-- ===== src/Types.antt =====
-- types/eth.go: addresses, hashes and hexadecimal data, as texts of hexadecimal digits.
pub mod Widths
pub mod HexNumber
pub mod Tests
use signers.Base.{
  ℕ, zero, suc, ◌+◌, ◌-◌, ◌*◌, ◌/◌, ◌%◌, Bool, true, false, ◌&&◌, List, [], ◌∷◌, ◌++◌, Option, none,
  some, length, replicate, ltb, leb, if◌then◌else◌, ◌||◌, ◌==◌,
}
use signers.Base.Text.{Text, codes, digit, text_eq}
use signers.Base.Exec.{Result, ok, err, failed}

-- `s[2:]` after a prefix "0x".
unfoldable pub strip_0x : Text → Text
strip_0x (a ∷ b ∷ s) = if text_eq (a ∷ b ∷ []) (codes "0x") then s else a ∷ b ∷ s
strip_0x (a ∷ []) = a ∷ []
strip_0x [] = []

-- `s[:n]`, for n at most the length.
abbrev pub take {ℓ} : {A : Type ℓ} → ℕ → List A → List A
take zero xs = []
take (suc n) [] = []
take (suc n) (x ∷ xs) = x ∷ take n xs

-- What NewAddress (40) and NewHash (64) have in common; "%040v" pads with zeros on the left. The
-- text is ASCII: for other texts the padding counts characters, and not bytes.
unfoldable pub new_padded : ℕ → Text → Text
unfolding strip_0x
new_padded width text =
    let s = strip_0x text in
    if ltb width (length s) then take width s else replicate (width - length s) 48 ++ s

unfoldable pub new_address : Text → Text
unfolding new_padded
new_address = new_padded 40

unfoldable pub new_hash : Text → Text
unfolding new_padded
new_hash = new_padded 64

-- String and Hex of an Address, a Hash and a HexData, and the text that MarshalJSON writes.
unfoldable pub hex : Text → Text
hex s = codes "0x" ++ s

unfoldable pub is_empty_address : Text → Bool
is_empty_address s = text_eq s [] || text_eq s (replicate 40 48)

unfoldable pub is_empty_hash : Text → Bool
is_empty_hash s = text_eq s [] || text_eq s (replicate 64 48)

-- encoding/hex: the value of a digit in either case.
unfoldable pub digit_value : ℕ → Option ℕ
digit_value c =
    if leb 48 c && leb c 57
    then some (c - 48)
    else if leb 97 c && leb c 102
    then some (c - 87)
    else if leb 65 c && leb c 70
    then some (c - 55)
    else none

abbrev with_byte : Option ℕ → Option ℕ → Result (List ℕ) → Result (List ℕ)
with_byte (some high) (some low) (ok bytes) = ok ((16 * high + low) ∷ bytes)
with_byte (some high) (some low) (err e) = err e
with_byte none low bytes = err failed
with_byte (some high) none bytes = err failed

-- hex.DecodeString: pairs of digits; an odd length is an error.
unfoldable pub decode_hex : Text → Result (List ℕ)
unfolding digit_value
decode_hex [] = ok []
decode_hex (a ∷ []) = err failed
decode_hex (a ∷ b ∷ s) = let rest = decode_hex s in with_byte (digit_value a) (digit_value b) rest

-- hex.EncodeToString
unfoldable pub encode_hex : List ℕ → Text
unfolding digit
encode_hex [] = []
encode_hex (b ∷ bytes) = digit 97 (b / 16) ∷ digit 97 (b % 16) ∷ encode_hex bytes

unfoldable pub from_hex : Text → Result (List ℕ)
unfolding decode_hex strip_0x
from_hex text = decode_hex (strip_0x text)

abbrev padded_bytes : ℕ → Result (List ℕ) → Result Text
padded_bytes width (ok bytes) = ok (new_padded width (encode_hex bytes))
padded_bytes width (err e) = err e

-- UnmarshalJSON, after json.Unmarshal of the text.
unfoldable pub unmarshal_address : Text → Result Text
unfolding from_hex
unmarshal_address text = padded_bytes 40 (from_hex text)

unfoldable pub unmarshal_hash : Text → Result Text
unfolding from_hex
unmarshal_hash text = padded_bytes 64 (from_hex text)

unfoldable pub new_hex_data : Text → Text
unfolding strip_0x
new_hex_data = strip_0x

abbrev plain_bytes : Result (List ℕ) → Result Text
plain_bytes (ok bytes) = ok (encode_hex bytes)
plain_bytes (err e) = err e

unfoldable pub unmarshal_hex_data : Text → Result Text
unfolding from_hex
unmarshal_hex_data text = plain_bytes (from_hex text)

abbrev prefix_byte : Option ℕ → Option ℕ → List ℕ → List ℕ
prefix_byte (some high) (some low) bytes = (16 * high + low) ∷ bytes
prefix_byte none low bytes = []
prefix_byte (some high) none bytes = []

-- AsBytes: the error of hex.DecodeString is dropped, and what it had decoded before is returned.
unfoldable pub as_bytes : Text → List ℕ
unfolding digit_value
as_bytes [] = []
as_bytes (a ∷ []) = []
as_bytes (a ∷ b ∷ s) = let rest = as_bytes s in prefix_byte (digit_value a) (digit_value b) rest

unfoldable pub is_empty_data : Text → Bool
unfolding as_bytes
is_empty_data s = length (as_bytes s) == 0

☆ ☆ ☆

Work request:
Take the records above and copy them out exactly.

Output below:
-- ===== src/Types.antt =====
-- types/eth.go: addresses, hashes and hexadecimal data, as texts of hexadecimal digits.
pub mod Widths
pub mod HexNumber
pub mod Tests
use signers.Base.{
  ℕ, zero, suc, ◌+◌, ◌-◌, ◌*◌, ◌/◌, ◌%◌, Bool, true, false, ◌&&◌, List, [], ◌∷◌, ◌++◌, Option, none,
  some, length, replicate, ltb, leb, if◌then◌else◌, ◌||◌, ◌==◌,
}
use signers.Base.Text.{Text, codes, digit, text_eq}
use signers.Base.Exec.{Result, ok, err, failed}

-- `s[2:]` after a prefix "0x".
unfoldable pub strip_0x : Text → Text
strip_0x (a ∷ b ∷ s) = if text_eq (a ∷ b ∷ []) (codes "0x") then s else a ∷ b ∷ s
strip_0x (a ∷ []) = a ∷ []
strip_0x [] = []

-- `s[:n]`, for n at most the length.
abbrev pub take {ℓ} : {A : Type ℓ} → ℕ → List A → List A
take zero xs = []
take (suc n) [] = []
take (suc n) (x ∷ xs) = x ∷ take n xs

-- What NewAddress (40) and NewHash (64) have in common; "%040v" pads with zeros on the left. The
-- text is ASCII: for other texts the padding counts characters, and not bytes.
unfoldable pub new_padded : ℕ → Text → Text
unfolding strip_0x
new_padded width text =
    let s = strip_0x text in
    if ltb width (length s) then take width s else replicate (width - length s) 48 ++ s

unfoldable pub new_address : Text → Text
unfolding new_padded
new_address = new_padded 40

unfoldable pub new_hash : Text → Text
unfolding new_padded
new_hash = new_padded 64

-- String and Hex of an Address, a Hash and a HexData, and the text that MarshalJSON writes.
unfoldable pub hex : Text → Text
hex s = codes "0x" ++ s

unfoldable pub is_empty_address : Text → Bool
is_empty_address s = text_eq s [] || text_eq s (replicate 40 48)

unfoldable pub is_empty_hash : Text → Bool
is_empty_hash s = text_eq s [] || text_eq s (replicate 64 48)

-- encoding/hex: the value of a digit in either case.
unfoldable pub digit_value : ℕ → Option ℕ
digit_value c =
    if leb 48 c && leb c 57
    then some (c - 48)
    else if leb 97 c && leb c 102
    then some (c - 87)
    else if leb 65 c && leb c 70
    then some (c - 55)
    else none

abbrev with_byte : Option ℕ → Option ℕ → Result (List ℕ) → Result (List ℕ)
with_byte (some high) (some low) (ok bytes) = ok ((16 * high + low) ∷ bytes)
with_byte (some high) (some low) (err e) = err e
with_byte none low bytes = err failed
with_byte (some high) none bytes = err failed

-- hex.DecodeString: pairs of digits; an odd length is an error.
unfoldable pub decode_hex : Text → Result (List ℕ)
unfolding digit_value
decode_hex [] = ok []
decode_hex (a ∷ []) = err failed
decode_hex (a ∷ b ∷ s) = let rest = decode_hex s in with_byte (digit_value a) (digit_value b) rest

-- hex.EncodeToString
unfoldable pub encode_hex : List ℕ → Text
unfolding digit
encode_hex [] = []
encode_hex (b ∷ bytes) = digit 97 (b / 16) ∷ digit 97 (b % 16) ∷ encode_hex bytes

unfoldable pub from_hex : Text → Result (List ℕ)
unfolding decode_hex strip_0x
from_hex text = decode_hex (strip_0x text)

abbrev padded_bytes : ℕ → Result (List ℕ) → Result Text
padded_bytes width (ok bytes) = ok (new_padded width (encode_hex bytes))
padded_bytes width (err e) = err e

-- UnmarshalJSON, after json.Unmarshal of the text.
unfoldable pub unmarshal_address : Text → Result Text
unfolding from_hex
unmarshal_address text = padded_bytes 40 (from_hex text)

unfoldable pub unmarshal_hash : Text → Result Text
unfolding from_hex
unmarshal_hash text = padded_bytes 64 (from_hex text)

unfoldable pub new_hex_data : Text → Text
unfolding strip_0x
new_hex_data = strip_0x

abbrev plain_bytes : Result (List ℕ) → Result Text
plain_bytes (ok bytes) = ok (encode_hex bytes)
plain_bytes (err e) = err e

unfoldable pub unmarshal_hex_data : Text → Result Text
unfolding from_hex
unmarshal_hex_data text = plain_bytes (from_hex text)

abbrev prefix_byte : Option ℕ → Option ℕ → List ℕ → List ℕ
prefix_byte (some high) (some low) bytes = (16 * high + low) ∷ bytes
prefix_byte none low bytes = []
prefix_byte (some high) none bytes = []

-- AsBytes: the error of hex.DecodeString is dropped, and what it had decoded before is returned.
unfoldable pub as_bytes : Text → List ℕ
unfolding digit_value
as_bytes [] = []
as_bytes (a ∷ []) = []
as_bytes (a ∷ b ∷ s) = let rest = as_bytes s in prefix_byte (digit_value a) (digit_value b) rest

unfoldable pub is_empty_data : Text → Bool
unfolding as_bytes
is_empty_data s = length (as_bytes s) == 0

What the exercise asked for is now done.